The bottom line is that there is the quickheap data structure (Navarro and Paredes 2010) and its improved version (Navarro et al. 2011), and my implementation of this (github:ragnargrootkoerkamp/quickheap) is 2 to 3\(\times\) faster than the other heaps/priority queues from crates.io that I tested.
As for the title: there are many papers on I/O efficient and cache-oblivious heaps and priority queues (Brodal 2013), but I am not able to find a modern implementation of any one of them – somehow they don’t seem used at all in practice. On the other hand, there is the radix heap (Ahuja et al. 1990) that is faster at times, but it can only be used in cases where the extracted keys increase with time.
Jump straight to Implementation or Results.
1 Background Link to heading
Priority queue Link to heading
As a quick recap, for the purposes of this post, a priority queue (wikipedia) is a data structure that supports the following two operations:
- Push (insert)
- Add a value \(x\) to the data structure.
- Pop (extract min)
- Remove and return the smallest value \(x\) in the data structure.
Other possible operations include find min (peek), delete, and decrement key, but we will not consider these.
Note: most literature seems to present the min-queue as above, but Wikipedia and implementations often use a max-queue, where a pop returns the maximum element instead.
Binary heap Link to heading
The binary heap (wikipedia) works by using the Eytzinger layout, also known as simply the heap layout. This represents \(n\) values as a binary tree that is stored layer by layer. If we put the root at index 1, the children of node \(i\) are at \(2i\) and \(2i+1\). The heap invariant, which makes the tree into a heap (wikipedia), is that each value is at most the value of its two children, which implies that the root is the smallest value.
Push is implemented by first appending the new value to the array, which adds it as the next node in the bottom layer of the tree (or possibly creating a new layer).
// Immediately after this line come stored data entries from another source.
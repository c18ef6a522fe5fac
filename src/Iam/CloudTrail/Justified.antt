-- ===== src/Iam/CloudTrail/Justified.antt =====
-- The attempts that are reported, and why (crates/activable-iam-engine/src/cloudtrail.rs).
use activable_cloud.Prelude.{◌≡◌, List, Text, Any, All}
use activable_cloud.Iam.CloudTrail.{CloudTrailEvent}

-- An event of the input, by the principal of the attempt.
abbrev pub IsOwn : List CloudTrailEvent → Text → CloudTrailEvent → Type 0
IsOwn events arn e = Any (λ f. e ≡ f) events × (e.principal_arn ≡ arn)

abbrev IsGroup : List CloudTrailEvent → Text × List CloudTrailEvent → Type 0
IsGroup events (arn, es) = All (IsOwn events arn) es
Then, we ensure the invariant is preserved by swapping the new element with its parent as long as its larger.
Pop is implemented by first extracting the root, and replacing it with the last element of the queue. Then, we again ensure the invariant is preserved by sifting down: we swap the root with the smaller of its two children as long as needed.
We can see that in the worst case, both these operations take \(\lg n = \log_2(n)\) steps.
D-ary heaps Link to heading
D-ary heaps (wikipedia) generalize binary heaps so that each node has up to \(d\) children. Their main benefit is that they have better cache locality, and require fewer levels of traversing the tree. The drawback is that sifting down requires finding the minimum of \(d\) elements rather than just 2, but this is anyway fast using some SIMD instructions.
Other heaps Link to heading
Other heaps are the radix heap (wikipedia, nice blog explanation) (Ahuja et al. 1990), which implements a monotone priority queue where the priority of the popped elements may only increase. This is for example the case when running Dijkstra’s algorithm on a graph with non-negative edge weights.
The sequence heap (Sanders 2000) and funnel heap (Brodal and Fagerberg 2002) are two similar I/O efficient / cache-oblivious data structures. (But, according to Brodal (2013), they serve slightly different purposes.) They build on the idea of binary mergers: given two input buffers containing sorted data, they merge those into a sorted output buffer as needed. These “gadgets” are used to build $k$-way mergers, and a chain of these is made for exponentially increasing \(k\).
The cascade heap (Babenko, Kolesnichenko, and Smirnov 2017) has \(O(1)\) inserts, and \(O(\log^* n + \log k)\) pop for the \(k\)’th popped element. Thus, this avoids the overhead of doing too much up-front work. The logarithmic funnel (Loeffeld 2023) takes a similar approach of building high dimensional trees.
A more broad survey is given by Brodal (2013), which surprisingly does not mention the quickheap described below.
2 Literature on Quickheaps Link to heading
Sorting algorithms go back a long way. One way to sort a list is to put all elements in a heap and then extract them one by one, called heapsort (Williams 1964).
Another method is quicksort, which works as follows: first, choose a random element of the array as pivot. Then compare all elements to this pivot, and move the smaller ones to the front of the array, and the larger ones to the back of the array. Then recurse on the two halves. This runs in \(O(n\log n)\) time, since the number of levels in the recursion is expected to be \(O(\log n)\).
Optimal incremental sorting Link to heading
A related problem is to only sort the smallest \(k\leq n\) elements, which can be done in \(O(n + k \log k)\). Heapsort does this, but incurs an up-front cost of \(O(n \log n)\). Paredes and Navarro (2006) give an incremental \(O(n+k\log k)\) method that returns the smallest elements one by one in sorted order. Their method, IncrementalQuickSelect (IQS) builds on the ideas of quicksort:
- Choose a random pivot and partition the array.
- Push the position of the pivot to a stack.
- Recurse on the left part with smaller values until only a single element is left. This is the minimum.
- Pop that element, go up the stack, and recurse on the elements between this pivot and the next as needed.
- Repeat until the array is empty.

Figure 1: Example from Paredes and Navarro (2006) of the IQS method: a random (here: first) element is chosen as pivot to partition the array. This is repeated until only a single element is left, and the positions of all pivots are stored on a stack.
On random input, IQS takes average time \(O(n + k \log k)\).
Quickheap Link to heading
The conclusions of the 2006 paper above already mention that this same idea can be used to build a heap. This is presented in detail in Navarro and Paredes (2010).
Compared to the incremental sorting method above, the one additional operation it needs to support is pushing new elements.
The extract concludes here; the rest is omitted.